=== Entries supplied ===
-- ===== src/Utils/Tests.antt =====
-- Runs of the utilities on small inputs, and the theorems at inputs that meet their hypotheses.
use dcscan_modules_api.Prelude.{
  ℕ, ◌+◌, ◌^◌, ◌≤◌, ◌<◌, ◌≡◌, refl, ◌⊎◌, false, some, List, [], ◌∷◌, ◌++◌, arith, length, All,
}
use dcscan_modules_api.Prelude.Words.{le_bytes, le_value}
use dcscan_modules_api.Utils.ByteQueue.{
  ByteQueue, create, add_bytes, Body, Fetched, fetch_header, packet_size, fetch_body,
  fetch_next_msg,
}
use dcscan_modules_api.Utils.ByteQueue.Framing.{frame}
use dcscan_modules_api.Utils.ByteQueue.Stream.{
  Link, frames, start, arrive, begin, finish, Reach, here, next, Fits,
}
use dcscan_modules_api.Utils.ByteQueue.Delivery.{
  delivered_in_order, fetch_never_starves, buffer_bounded,
}
use dcscan_modules_api.Utils.MessageQueue
use dcscan_modules_api.Utils.MessageQueue.Fifo
use dcscan_modules_api.Utils.MessageQueue.Fifo.{fifo}
use dcscan_modules_api.Utils.Timer.{get_timestamp}
use dcscan_modules_api.Utils.Timer.Fields.{IsExact, get_timestamp-IsExact}
use dcscan_modules_api.Utils.Vector.{empty, push_all, capacity, move_construct, reserve, reallocate}
use dcscan_modules_api.Utils.Text.{Text, split}
use dcscan_modules_api.Utils.Text.Split.{content, ended, split_loses_nothing}

-- Two packets of two and one bytes.
abbrev packets : List (List ℕ)
packets = (7 ∷ 8 ∷ []) ∷ (9 ∷ []) ∷ []

packets_fit : All Fits packets
packets_fit = (omega arith, (omega arith, tt))

-- Six bytes arrive: the first packet.
abbrev first_arrived : Link
first_arrived = record (start 64 packets) {
  queue = record { buffer = frame (7 ∷ 8 ∷ []); max_size = 64; ntf_unblock = false };
  in_flight = frame (9 ∷ []);
}

-- It has been fetched, and the rest has arrived.
abbrev halfway : Link
halfway = record first_arrived {
  queue = record { buffer = frame (9 ∷ []); max_size = 64; ntf_unblock = false };
  in_flight = [];
  delivered = (7 ∷ 8 ∷ []) ∷ [];
}

halfway-Reach : Reach (start 64 packets) halfway
unfolding start create add_bytes fetch_header fetch_body packet_size le_bytes le_value
halfway-Reach =
    let arrived = next here (
      arrive (start 64 packets) (frame (7 ∷ 8 ∷ [])) (frame (9 ∷ [])) first_arrived.queue refl
        refl) in
    let begun = next arrived (begin first_arrived 2 refl refl) in
    let read = next begun (
      finish (record first_arrived { reading = some 2 }) 2 (7 ∷ 8 ∷ [])
        (record first_arrived.queue { buffer = [] }) refl refl) in
    next read (
      arrive
        (record first_arrived {
          queue = record first_arrived.queue { buffer = [] };
          delivered = (7 ∷ 8 ∷ []) ∷ [];
        })
        (frame (9 ∷ [])) [] halfway.queue refl refl)

delivered_in_order_example : (rest : List (List ℕ)) × (packets ≡ halfway.delivered ++ rest)
delivered_in_order_example = delivered_in_order 64 packets packets_fit halfway-Reach

fetch_never_starves_example :
    (packets ≡ halfway.delivered)
    ⊎ ((m : List ℕ) × (ns : List (List ℕ)) × (q : ByteQueue) × (packets
          ≡ halfway.delivered ++ m ∷ ns)
        × (fetch_next_msg halfway.queue ≡ Fetched.message m q)
        × (q.buffer ≡ frames ns))
fetch_never_starves_example = fetch_never_starves 64 packets packets_fit halfway-Reach refl refl

second_fetch :
    fetch_body 1 halfway.queue ≡ Body.message (9 ∷ []) (record halfway.queue { buffer = [] })
unfolding fetch_body packet_size le_bytes
second_fetch = refl

frames_small : 64 + length (frames packets) < 2 ^ 64
unfolding le_bytes
frames_small = omega arith

buffer_bounded_example : (length halfway.queue.buffer ≤ 64) × (5 ≤ 64)
buffer_bounded_example =
    buffer_bounded 64 packets 1 (9 ∷ []) (record halfway.queue { buffer = [] }) frames_small
      halfway-Reach second_fetch

-- Five bytes of a packet of ten have arrived.
abbrev torn : ByteQueue
torn = record { buffer = 10 ∷ 0 ∷ 0 ∷ 0 ∷ 1 ∷ []; max_size = 64; ntf_unblock = false }

-- A length prefix of -1 is a copy of 2 ^ 64 - 1 bytes.
negative_length :
    fetch_next_msg (record torn { buffer = 255 ∷ 255 ∷ 255 ∷ 255 ∷ [] }) ≡ Fetched.fault
unfolding fetch_next_msg fetch_header fetch_body packet_size le_value
negative_length = refl

-- A consumer waits, two values are pushed, and it wakes.
fifo_example : ◌≡◌ {A = List ℕ} (1 ∷ 2 ∷ []) ((1 ∷ []) ++ (2 ∷ []))
unfolding MessageQueue.push MessageQueue.pop_enter MessageQueue.pop_woken
fifo_example =
    fifo {A = ℕ} 0
      {c = record {
        queue = 2 ∷ [];
        waiting = false;
        pushed = 1 ∷ 2 ∷ [];
        got = 1 ∷ [];
        defaults = 0;
      }}
      (Fifo.next
        (Fifo.next
          (Fifo.next (Fifo.next Fifo.here (Fifo.waits (Fifo.empty 0) refl refl)) (Fifo.pushes _ 1))
          (Fifo.pushes _ 2))
        (Fifo.wakes _ 1 (2 ∷ []) refl refl))

-- 25 hours, 1 minute, 2 seconds and 3 nanoseconds
get_timestamp-IsExact_example : IsExact (get_timestamp 90_062_000_000_003) 90_062_000_000_003
get_timestamp-IsExact_example = get_timestamp-IsExact 90_062_000_000_003 (omega arith)

abbrev one_two_three : List ℕ
one_two_three = 1 ∷ 2 ∷ 3 ∷ []

-- Moving a vector empties both, and reserving on an empty one allocates one element.
moved : (move_construct (push_all one_two_three empty)).1.items ≡ []
unfolding move_construct empty
moved = refl

reserved : capacity (reserve 100 (empty {A = ℕ})) ≡ 1
unfolding capacity reserve reallocate empty
reserved = refl

abbrev commas : Text
commas = record { buffer_size = 5; bytes = b'a' ∷ b',' ∷ b',' ∷ b'b' ∷ 0 ∷ [] }

split_loses_nothing_example :
    (init : List Text) × (last : Text) × ((split b',' commas).items ≡ init ++ last ∷ [])
    × (ended b',' init ++ content last ≡ content commas)
split_loses_nothing_example = split_loses_nothing b',' commas (omega arith)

=== What is expected ===
Each line of the data in which the string "abbrev" appears needs to be copied.

=== Written response ===
abbrev packets : List (List ℕ)
abbrev first_arrived : Link
abbrev halfway : Link
abbrev torn : ByteQueue
abbrev one_two_three : List ℕ
abbrev commas : Text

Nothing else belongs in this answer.